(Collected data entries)
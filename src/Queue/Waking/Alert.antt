-- ===== src/Queue/Waking/Alert.antt =====
-- The maintenance goroutine of internal/queue/queue.go asleep, beside the other goroutines.
use stitch.Prelude.{
  ◌==◌, ℕ, ◌≡◌, refl, ◌∙◌, true, false, ◌⊎◌, none, some, [], ◌++◌, arith, inl, inr,
}
use mathlib.Core.Path.{subst}
use stitch.Prelude.Tally.{tally, tally-append}
use stitch.Queue.Live.{Queue}
use stitch.Queue.Ops.{LogAnswer, next_deadline}
use stitch.Queue.Maintain.{maintain_reserve}
use stitch.Queue.Invariant.{Balanced}
use stitch.Queue.Invariant.Steps.{adjusted-Balanced}
use stitch.Queue.Interleaving.{Pending, World, Step}
use stitch.Queue.Interleaving.Safe.{Safe, Step-Safe, release, release_both}
use stitch.Queue.Waking.{Phase, Site, after_maintain, Turn, Turns}
use stitch.Queue.Waking.Heeds.{due_times, missed}
use stitch.Queue.Waking.Deadline.{next_deadline-caught}
use stitch.Queue.Waking.Pledges.{
  all_pledged, tally-all_pledged, entry_times, all_times-maintain_reserve, due_times-commit_requeue,
  due_times-commit_bury,
}
use stitch.Queue.Waking.Notice.{at_zero, zeros, Noticed, Step-Noticed}

-- A sleeping goroutine has a token to wake it, or a timer that fires by each deadline.
abbrev pub Awake : Phase → Queue → Type 0
Awake (Phase.sleeping d) q = (q.armed ≡ d) × ((q.wake ≡ true) ⊎ (due_times (missed d) q ≡ 0))
Awake Phase.arming q = Unit
Awake Phase.ended q = Unit
Awake (Phase.reclaiming now e) q = Unit

record Alert (s : Site) : Type 0 where
  safe : Safe s.world
  timed : zeros s.world ≡ 0
  awake : Awake s.phase s.world.queue

Awake-after_maintain : (e : LogAnswer) (q : Queue) → Awake (after_maintain e) q
Awake-after_maintain none q = tt
Awake-after_maintain (some e) q = tt

Noticed-Awake :
    (phase : Phase) (u v : World) → Noticed u v → Awake phase u.queue → Awake phase v.queue
Noticed-Awake Phase.arming u v n a = tt
Noticed-Awake Phase.ended u v n a = tt
Noticed-Awake (Phase.reclaiming now e) u v n a = tt
Noticed-Awake (Phase.sleeping d) u v n (armed, inl token) =
    (n.heeds.armed ∙ armed, inl (n.heeds.kept token))
Noticed-Awake (Phase.sleeping d) u v n (armed, inr caught) =
    let none_missed : tally (missed u.queue.armed) n.ts ≡ 0 → due_times (missed d) v.queue ≡ 0 =
      λ h.
        omega (
          arith,
          caught,
          n.heeds.dues (missed d),
          subst (λ a. tally (missed a) n.ts ≡ 0) armed h,
        ) in
    (
      n.heeds.armed ∙ armed,
      elim n.heeds.nudged [ inl token ↦ inl token | inr on_time ↦ inr (none_missed on_time) ],
    )

Turn-Alert : (s t : Site) → Turn s t → Alert s → Alert t
unfolding next_deadline
Turn-Alert s t (Turn.others u v phase step o) a =
    let n = Step-Noticed u v step o a.safe in
    record {
      safe = Step-Safe u v step a.safe;
      timed = omega (arith, n.no_more, a.timed);
      awake = Noticed-Awake phase u v n a.awake;
    }
Turn-Alert s t (Turn.rearmed q ps) a =
    let no_zero : due_times at_zero q ≡ 0 = omega (arith, a.timed) in
    record {
      safe = Step-Safe _ _ (Step.timer_armed q ps) a.safe;
      timed = a.timed;
      awake = (refl, inr (next_deadline-caught q a.safe.balanced.ordered no_zero));
    }
Turn-Alert s t (Turn.nudged d q ps token) a = record {
  safe = record {
    balanced = adjusted-Balanced _ q q.seq q.dlq q.dedup q.cnt q.armed false a.safe.balanced;
    fitting = a.safe.fitting;
  };
  timed = a.timed;
  awake = tt;
}
Turn-Alert s t (Turn.closed d w) a = record { safe = a.safe; timed = a.timed; awake = tt }
Turn-Alert s t (Turn.fired d now q ps pos) a =
    let r = maintain_reserve now q in
    record {
      safe = Step-Safe _ _ (Step.maintain_start now q ps) a.safe;
      timed = omega (
        arith,
        a.timed,
        all_times-maintain_reserve _ at_zero now q a.safe.balanced,
        tally-append at_zero (entry_times r.requeue ++ entry_times r.to_dlq) (all_pledged ps),
        tally-append at_zero (entry_times r.requeue) (entry_times r.to_dlq),
      );
      awake = tt;
    }
Turn-Alert s t (Turn.requeued now e requeue to_dlq answer q ps qs) a = record {
  safe = Step-Safe _ _ (Step.maintain_middle now requeue to_dlq answer q ps qs) a.safe;
  timed = omega (
    arith,
    a.timed,
    due_times-commit_requeue _ at_zero now requeue answer q
        (release_both ps requeue to_dlq qs a.safe.balanced),
    tally-all_pledged at_zero ps (Pending.requeueing requeue to_dlq) qs,
    tally-all_pledged at_zero ps (Pending.burying to_dlq) qs,
    tally-append at_zero (entry_times requeue) (entry_times to_dlq),
  );
  awake = tt;
}
Turn-Alert s t (Turn.buried now e to_dlq answer q ps qs) a = record {
  safe = Step-Safe _ _ (Step.maintain_end to_dlq answer q ps qs) a.safe;
  timed = omega (
    arith,
    a.timed,
    due_times-commit_bury _ at_zero to_dlq answer q
        (release ps (Pending.burying to_dlq) qs a.safe.balanced),
    tally-all_pledged at_zero ps (Pending.burying to_dlq) qs,
  );
  awake = Awake-after_maintain _ _;
}

Turns-Alert : (s t : Site) → Turns s t → Alert s → Alert t
Turns-Alert s t (Turns.stop _) a = a
Turns-Alert s t (Turns.turn _ u _ first rest) a = Turns-Alert u t rest (Turn-Alert s u first a)

-- The maintenance goroutine beside any interleaving of the locked parts of any other operations,
-- from a balanced queue without a deadline at time 0, where no operation runs and the goroutine
-- starts; Dequeue reads times after 0, and a message that Enqueue puts in has the ID of no live
-- message. Whenever it sleeps, a token that wakes it lies in the channel, or a timer is set that
-- fires no later than each delayed message is visible and each lease entry expires; where there
-- is no timer, there is no delayed message and no lease entry.
pub no_lost_wakeup :
    (q : Queue) (d : ℕ) (w : World)
    → Balanced [] q
    → due_times (λ t. t == 0) q ≡ 0
    → Turns
        (record { world = record { queue = q; pending = [] }; phase = Phase.arming })
        (record { world = w; phase = Phase.sleeping d })
    → (w.queue.wake ≡ true) ⊎ (due_times (missed d) w.queue ≡ 0)
no_lost_wakeup q d w b z turns =
    let start : Alert
        (record { world = record { queue = q; pending = [] }; phase = Phase.arming }) =
      record {
        safe = record { balanced = b; fitting = tt };
        timed = omega (arith, z);
        awake = tt;
      } in
    (Turns-Alert _ _ turns start).awake.1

WORK INSTRUCTION: Could you output the lines above, exactly as written, from the one containing "-- is no timer, there" through the last, with both ends included and no others?

RESULT OF THE TASK:
-- is no timer, there is no delayed message and no lease entry.
pub no_lost_wakeup :
    (q : Queue) (d : ℕ) (w : World)
    → Balanced [] q
    → due_times (λ t. t == 0) q ≡ 0
    → Turns
        (record { world = record { queue = q; pending = [] }; phase = Phase.arming })
        (record { world = w; phase = Phase.sleeping d })
    → (w.queue.wake ≡ true) ⊎ (due_times (missed d) w.queue ≡ 0)
no_lost_wakeup q d w b z turns =
    let start : Alert
        (record { world = record { queue = q; pending = [] }; phase = Phase.arming }) =
      record {
        safe = record { balanced = b; fitting = tt };
        timed = omega (arith, z);
        awake = tt;
      } in
    (Turns-Alert _ _ turns start).awake.1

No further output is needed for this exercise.